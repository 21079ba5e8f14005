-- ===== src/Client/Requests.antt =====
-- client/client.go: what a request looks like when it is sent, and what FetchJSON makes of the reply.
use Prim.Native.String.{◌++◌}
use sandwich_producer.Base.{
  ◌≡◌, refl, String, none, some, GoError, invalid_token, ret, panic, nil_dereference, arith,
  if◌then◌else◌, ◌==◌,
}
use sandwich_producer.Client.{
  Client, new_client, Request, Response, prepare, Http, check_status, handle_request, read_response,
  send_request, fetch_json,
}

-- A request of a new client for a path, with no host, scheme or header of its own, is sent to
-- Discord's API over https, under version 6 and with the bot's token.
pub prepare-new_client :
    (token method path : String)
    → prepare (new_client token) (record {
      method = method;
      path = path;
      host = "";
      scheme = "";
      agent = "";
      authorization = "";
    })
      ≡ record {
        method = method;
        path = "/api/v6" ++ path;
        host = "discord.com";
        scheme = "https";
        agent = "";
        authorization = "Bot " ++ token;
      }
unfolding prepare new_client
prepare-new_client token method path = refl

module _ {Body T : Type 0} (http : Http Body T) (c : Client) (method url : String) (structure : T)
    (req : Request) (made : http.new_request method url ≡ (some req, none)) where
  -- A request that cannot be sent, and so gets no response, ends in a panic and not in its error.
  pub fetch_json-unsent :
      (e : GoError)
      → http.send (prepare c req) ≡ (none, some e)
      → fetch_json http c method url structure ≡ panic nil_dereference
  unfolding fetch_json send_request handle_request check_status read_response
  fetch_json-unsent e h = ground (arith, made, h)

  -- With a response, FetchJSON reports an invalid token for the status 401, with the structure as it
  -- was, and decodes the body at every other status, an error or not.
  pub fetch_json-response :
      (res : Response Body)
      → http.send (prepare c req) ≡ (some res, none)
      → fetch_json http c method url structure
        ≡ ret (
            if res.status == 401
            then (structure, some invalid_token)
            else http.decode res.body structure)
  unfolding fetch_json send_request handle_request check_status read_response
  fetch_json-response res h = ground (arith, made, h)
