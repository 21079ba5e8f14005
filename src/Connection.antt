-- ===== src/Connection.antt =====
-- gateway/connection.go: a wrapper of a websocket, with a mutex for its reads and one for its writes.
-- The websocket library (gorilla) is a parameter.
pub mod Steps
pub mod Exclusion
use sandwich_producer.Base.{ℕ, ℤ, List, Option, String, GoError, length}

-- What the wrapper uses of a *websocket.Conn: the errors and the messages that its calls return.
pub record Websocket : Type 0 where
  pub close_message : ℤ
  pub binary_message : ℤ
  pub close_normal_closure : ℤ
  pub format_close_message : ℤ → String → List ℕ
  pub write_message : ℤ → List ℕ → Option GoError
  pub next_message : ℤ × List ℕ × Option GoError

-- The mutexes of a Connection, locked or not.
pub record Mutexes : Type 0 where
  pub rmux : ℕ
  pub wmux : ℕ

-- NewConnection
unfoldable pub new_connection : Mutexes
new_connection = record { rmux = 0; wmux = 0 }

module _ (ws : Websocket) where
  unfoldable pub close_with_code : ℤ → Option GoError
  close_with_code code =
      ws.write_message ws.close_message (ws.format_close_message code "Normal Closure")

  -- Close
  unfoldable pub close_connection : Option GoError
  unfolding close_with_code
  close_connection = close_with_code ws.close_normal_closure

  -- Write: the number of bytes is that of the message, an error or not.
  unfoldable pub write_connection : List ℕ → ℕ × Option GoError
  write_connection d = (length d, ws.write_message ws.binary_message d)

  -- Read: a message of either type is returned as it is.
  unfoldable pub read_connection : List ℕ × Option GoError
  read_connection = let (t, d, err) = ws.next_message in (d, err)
-=-=-=-=-
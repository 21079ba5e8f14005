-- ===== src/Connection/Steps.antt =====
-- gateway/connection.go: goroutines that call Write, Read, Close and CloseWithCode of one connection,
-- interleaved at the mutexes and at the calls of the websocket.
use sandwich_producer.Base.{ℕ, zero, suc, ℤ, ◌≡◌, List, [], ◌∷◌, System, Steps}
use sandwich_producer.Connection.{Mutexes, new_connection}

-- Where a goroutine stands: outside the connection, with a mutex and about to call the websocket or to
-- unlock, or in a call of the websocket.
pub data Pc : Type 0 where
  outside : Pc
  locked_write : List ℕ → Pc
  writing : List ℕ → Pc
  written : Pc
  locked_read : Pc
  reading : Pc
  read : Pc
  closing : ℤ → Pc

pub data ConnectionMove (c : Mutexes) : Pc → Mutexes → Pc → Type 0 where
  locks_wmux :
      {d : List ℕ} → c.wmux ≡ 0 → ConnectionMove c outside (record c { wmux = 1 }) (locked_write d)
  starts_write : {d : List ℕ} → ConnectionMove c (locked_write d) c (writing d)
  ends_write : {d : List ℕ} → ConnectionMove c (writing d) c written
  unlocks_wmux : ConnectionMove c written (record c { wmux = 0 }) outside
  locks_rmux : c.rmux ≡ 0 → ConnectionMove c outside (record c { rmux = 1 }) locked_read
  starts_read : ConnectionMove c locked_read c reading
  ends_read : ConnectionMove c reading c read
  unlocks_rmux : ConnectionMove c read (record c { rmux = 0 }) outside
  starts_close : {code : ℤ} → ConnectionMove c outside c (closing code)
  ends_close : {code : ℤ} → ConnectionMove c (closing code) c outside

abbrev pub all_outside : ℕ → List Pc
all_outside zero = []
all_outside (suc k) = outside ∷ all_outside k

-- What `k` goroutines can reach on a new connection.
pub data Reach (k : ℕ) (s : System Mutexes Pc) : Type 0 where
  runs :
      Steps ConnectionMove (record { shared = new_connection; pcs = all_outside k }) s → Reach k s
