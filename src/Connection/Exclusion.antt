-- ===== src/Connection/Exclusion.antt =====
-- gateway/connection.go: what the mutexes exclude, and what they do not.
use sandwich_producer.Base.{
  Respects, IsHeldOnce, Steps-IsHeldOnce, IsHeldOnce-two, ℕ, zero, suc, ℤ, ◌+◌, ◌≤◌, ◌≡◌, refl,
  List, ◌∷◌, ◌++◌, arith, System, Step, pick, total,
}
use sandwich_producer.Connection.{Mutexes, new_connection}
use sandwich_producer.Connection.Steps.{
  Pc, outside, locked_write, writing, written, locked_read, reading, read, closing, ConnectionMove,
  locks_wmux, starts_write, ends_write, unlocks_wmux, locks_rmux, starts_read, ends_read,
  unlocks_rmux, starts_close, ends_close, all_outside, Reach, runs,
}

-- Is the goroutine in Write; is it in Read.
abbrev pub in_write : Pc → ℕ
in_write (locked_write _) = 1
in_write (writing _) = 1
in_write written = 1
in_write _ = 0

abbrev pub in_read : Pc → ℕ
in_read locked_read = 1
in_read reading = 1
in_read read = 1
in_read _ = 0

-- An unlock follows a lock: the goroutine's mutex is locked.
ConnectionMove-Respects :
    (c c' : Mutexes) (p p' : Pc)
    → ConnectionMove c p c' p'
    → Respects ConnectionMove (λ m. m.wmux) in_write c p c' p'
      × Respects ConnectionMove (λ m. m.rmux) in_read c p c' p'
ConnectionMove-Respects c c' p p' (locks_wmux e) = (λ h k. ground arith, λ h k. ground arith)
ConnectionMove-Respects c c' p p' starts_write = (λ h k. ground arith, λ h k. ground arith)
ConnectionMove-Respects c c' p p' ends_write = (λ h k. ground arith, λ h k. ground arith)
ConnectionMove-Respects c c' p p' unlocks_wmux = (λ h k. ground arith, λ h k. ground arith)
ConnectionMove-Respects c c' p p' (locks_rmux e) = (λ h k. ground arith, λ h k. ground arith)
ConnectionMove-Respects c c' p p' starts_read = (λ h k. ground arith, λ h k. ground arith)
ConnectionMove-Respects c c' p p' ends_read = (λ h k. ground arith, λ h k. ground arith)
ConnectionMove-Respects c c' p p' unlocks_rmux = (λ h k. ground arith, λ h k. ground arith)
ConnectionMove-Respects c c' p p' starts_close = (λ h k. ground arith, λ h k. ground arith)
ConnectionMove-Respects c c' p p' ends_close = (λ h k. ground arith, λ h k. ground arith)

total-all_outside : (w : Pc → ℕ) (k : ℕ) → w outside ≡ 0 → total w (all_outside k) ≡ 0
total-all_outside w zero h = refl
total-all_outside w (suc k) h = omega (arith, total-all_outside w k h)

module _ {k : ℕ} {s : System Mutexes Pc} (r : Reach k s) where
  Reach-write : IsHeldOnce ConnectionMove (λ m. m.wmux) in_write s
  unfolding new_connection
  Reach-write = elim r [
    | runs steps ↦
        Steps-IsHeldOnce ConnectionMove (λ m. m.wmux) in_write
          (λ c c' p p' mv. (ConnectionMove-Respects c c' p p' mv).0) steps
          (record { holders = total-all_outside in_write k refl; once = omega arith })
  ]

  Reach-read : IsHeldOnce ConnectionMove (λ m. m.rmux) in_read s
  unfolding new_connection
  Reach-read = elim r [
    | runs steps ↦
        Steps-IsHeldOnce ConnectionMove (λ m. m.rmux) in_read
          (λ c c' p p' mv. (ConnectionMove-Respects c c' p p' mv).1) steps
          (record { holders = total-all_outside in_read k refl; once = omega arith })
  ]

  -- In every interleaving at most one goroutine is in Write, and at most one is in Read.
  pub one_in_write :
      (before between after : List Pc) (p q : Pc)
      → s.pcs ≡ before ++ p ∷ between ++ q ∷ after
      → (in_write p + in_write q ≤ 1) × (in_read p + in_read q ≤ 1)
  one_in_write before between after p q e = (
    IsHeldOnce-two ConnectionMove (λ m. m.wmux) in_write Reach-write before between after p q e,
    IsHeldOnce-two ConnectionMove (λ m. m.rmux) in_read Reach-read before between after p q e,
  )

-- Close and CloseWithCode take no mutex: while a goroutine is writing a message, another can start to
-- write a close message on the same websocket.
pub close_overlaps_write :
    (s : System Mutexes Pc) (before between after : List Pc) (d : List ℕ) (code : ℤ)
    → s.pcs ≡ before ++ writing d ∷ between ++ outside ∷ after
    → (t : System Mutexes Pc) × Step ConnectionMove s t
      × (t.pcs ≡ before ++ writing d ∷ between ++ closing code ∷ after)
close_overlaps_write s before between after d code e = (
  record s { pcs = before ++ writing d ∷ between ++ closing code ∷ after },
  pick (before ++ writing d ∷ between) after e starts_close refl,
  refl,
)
-=-=-=-=-
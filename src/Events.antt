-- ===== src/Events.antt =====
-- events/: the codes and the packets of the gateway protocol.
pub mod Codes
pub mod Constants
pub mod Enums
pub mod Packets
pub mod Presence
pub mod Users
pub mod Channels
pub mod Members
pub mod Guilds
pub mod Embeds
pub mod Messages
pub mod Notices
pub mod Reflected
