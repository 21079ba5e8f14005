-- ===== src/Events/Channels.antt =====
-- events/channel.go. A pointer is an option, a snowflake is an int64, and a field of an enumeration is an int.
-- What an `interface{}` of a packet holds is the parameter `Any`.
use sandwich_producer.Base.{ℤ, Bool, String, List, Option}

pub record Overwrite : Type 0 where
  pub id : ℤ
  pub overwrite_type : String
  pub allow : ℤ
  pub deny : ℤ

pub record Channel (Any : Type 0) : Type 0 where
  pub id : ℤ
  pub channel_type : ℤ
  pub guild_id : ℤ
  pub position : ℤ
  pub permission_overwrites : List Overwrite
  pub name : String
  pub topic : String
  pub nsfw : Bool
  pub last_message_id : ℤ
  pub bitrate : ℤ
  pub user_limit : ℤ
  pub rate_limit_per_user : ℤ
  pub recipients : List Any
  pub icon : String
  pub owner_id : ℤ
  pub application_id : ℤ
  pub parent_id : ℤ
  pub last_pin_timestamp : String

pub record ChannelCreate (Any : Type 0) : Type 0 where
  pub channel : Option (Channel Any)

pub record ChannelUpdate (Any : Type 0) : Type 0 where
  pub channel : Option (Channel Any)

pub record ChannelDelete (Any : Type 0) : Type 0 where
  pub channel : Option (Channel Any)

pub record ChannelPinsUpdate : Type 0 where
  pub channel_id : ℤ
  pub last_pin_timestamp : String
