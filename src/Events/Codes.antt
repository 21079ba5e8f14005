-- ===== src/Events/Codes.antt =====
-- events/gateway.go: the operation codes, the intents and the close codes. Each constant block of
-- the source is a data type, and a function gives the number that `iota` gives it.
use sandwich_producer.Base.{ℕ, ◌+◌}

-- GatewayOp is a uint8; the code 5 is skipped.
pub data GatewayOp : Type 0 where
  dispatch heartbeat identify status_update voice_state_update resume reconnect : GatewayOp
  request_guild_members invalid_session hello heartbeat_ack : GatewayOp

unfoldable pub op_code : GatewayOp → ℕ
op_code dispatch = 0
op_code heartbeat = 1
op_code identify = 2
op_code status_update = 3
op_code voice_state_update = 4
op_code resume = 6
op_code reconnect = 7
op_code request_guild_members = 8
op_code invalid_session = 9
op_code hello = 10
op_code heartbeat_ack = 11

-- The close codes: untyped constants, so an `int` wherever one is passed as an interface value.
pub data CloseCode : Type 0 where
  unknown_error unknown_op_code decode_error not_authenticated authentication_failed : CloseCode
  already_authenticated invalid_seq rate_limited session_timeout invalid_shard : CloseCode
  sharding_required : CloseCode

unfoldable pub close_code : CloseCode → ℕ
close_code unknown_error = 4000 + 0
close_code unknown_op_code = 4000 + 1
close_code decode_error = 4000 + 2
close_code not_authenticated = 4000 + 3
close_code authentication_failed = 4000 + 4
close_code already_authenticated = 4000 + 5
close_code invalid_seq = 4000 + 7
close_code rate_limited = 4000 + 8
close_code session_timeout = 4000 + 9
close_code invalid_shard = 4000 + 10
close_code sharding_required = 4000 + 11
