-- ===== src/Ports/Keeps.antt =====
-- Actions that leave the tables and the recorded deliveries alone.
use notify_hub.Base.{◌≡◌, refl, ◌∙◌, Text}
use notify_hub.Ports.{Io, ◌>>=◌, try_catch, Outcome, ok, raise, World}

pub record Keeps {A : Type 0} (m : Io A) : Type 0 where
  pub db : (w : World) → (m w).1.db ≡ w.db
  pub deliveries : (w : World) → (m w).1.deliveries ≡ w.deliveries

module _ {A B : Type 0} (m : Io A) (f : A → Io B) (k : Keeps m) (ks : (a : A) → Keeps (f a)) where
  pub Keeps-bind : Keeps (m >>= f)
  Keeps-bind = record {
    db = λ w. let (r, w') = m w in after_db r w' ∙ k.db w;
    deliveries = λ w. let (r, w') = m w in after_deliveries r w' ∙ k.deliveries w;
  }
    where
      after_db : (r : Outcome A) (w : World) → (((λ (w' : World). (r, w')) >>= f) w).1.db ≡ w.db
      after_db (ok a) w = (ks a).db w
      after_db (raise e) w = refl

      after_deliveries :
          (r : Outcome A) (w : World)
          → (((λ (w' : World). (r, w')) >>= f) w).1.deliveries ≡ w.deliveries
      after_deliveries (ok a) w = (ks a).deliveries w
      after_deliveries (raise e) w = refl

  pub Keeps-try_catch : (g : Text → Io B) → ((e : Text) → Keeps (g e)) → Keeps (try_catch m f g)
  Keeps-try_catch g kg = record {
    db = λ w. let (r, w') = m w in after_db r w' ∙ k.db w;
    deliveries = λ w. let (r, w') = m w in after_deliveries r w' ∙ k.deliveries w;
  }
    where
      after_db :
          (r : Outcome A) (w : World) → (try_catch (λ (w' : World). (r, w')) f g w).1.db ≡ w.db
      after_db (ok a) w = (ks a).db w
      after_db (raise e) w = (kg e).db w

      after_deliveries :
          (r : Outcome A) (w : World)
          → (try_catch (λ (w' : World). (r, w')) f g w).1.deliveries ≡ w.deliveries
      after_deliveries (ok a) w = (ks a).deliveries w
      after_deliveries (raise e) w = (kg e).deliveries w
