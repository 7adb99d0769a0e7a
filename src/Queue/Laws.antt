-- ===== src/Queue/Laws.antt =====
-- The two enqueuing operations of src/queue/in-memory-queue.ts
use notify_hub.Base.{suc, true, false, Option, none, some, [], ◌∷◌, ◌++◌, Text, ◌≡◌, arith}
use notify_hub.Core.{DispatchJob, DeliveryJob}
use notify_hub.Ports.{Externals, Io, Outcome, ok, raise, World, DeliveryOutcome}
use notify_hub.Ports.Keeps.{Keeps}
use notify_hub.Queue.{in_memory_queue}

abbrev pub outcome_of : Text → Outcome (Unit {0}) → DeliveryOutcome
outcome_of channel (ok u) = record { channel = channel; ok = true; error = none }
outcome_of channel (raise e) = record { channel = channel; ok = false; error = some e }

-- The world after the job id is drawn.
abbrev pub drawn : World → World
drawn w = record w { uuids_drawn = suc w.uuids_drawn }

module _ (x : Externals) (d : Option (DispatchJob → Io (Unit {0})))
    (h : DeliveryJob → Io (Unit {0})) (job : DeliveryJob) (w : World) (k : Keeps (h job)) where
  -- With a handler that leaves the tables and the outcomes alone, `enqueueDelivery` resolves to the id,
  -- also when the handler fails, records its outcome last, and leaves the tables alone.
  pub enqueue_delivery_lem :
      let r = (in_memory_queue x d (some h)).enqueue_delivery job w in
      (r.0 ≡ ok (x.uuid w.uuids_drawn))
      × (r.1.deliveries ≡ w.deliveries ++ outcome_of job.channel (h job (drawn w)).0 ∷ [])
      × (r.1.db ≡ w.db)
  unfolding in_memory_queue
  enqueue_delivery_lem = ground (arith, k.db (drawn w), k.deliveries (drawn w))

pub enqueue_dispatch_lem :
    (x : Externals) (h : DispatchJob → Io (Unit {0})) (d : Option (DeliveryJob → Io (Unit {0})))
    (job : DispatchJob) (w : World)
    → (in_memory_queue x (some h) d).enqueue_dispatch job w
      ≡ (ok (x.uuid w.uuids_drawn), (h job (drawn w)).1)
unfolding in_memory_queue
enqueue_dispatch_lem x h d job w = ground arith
-=-=-=-=-
▸ **What this task involves**: A word-for-word copy of the lines above from the one with "-- ===== src/Client/Requests.antt" through the one with "(e : GoError)", inclusive, is the only output wanted.

▸ **Written answer**:
-- ===== src/Client/Requests.antt =====
-- client/client.go: what a request looks like when it is sent, and what FetchJSON makes of the reply.
use Prim.Native.String.{◌++◌}
use sandwich_producer.Base.{
  ◌≡◌, refl, String, none, some, GoError, invalid_token, ret, panic, nil_dereference, arith,
  if◌then◌else◌, ◌==◌,
}
use sandwich_producer.Client.{
  Client, new_client, Request, Response, prepare, Http, check_status, handle_request, read_response,
  send_request, fetch_json,
}

-- A request of a new client for a path, with no host, scheme or header of its own, is sent to
-- Discord's API over https, under version 6 and with the bot's token.
pub prepare-new_client :
    (token method path : String)
    → prepare (new_client token) (record {
      method = method;
      path = path;
      host = "";
      scheme = "";
      agent = "";
      authorization = "";
    })
      ≡ record {
        method = method;
        path = "/api/v6" ++ path;
        host = "discord.com";
        scheme = "https";
        agent = "";
        authorization = "Bot " ++ token;
      }
unfolding prepare new_client
prepare-new_client token method path = refl

module _ {Body T : Type 0} (http : Http Body T) (c : Client) (method url : String) (structure : T)
    (req : Request) (made : http.new_request method url ≡ (some req, none)) where
  -- A request that cannot be sent, and so gets no response, ends in a panic and not in its error.
  pub fetch_json-unsent :
      (e : GoError)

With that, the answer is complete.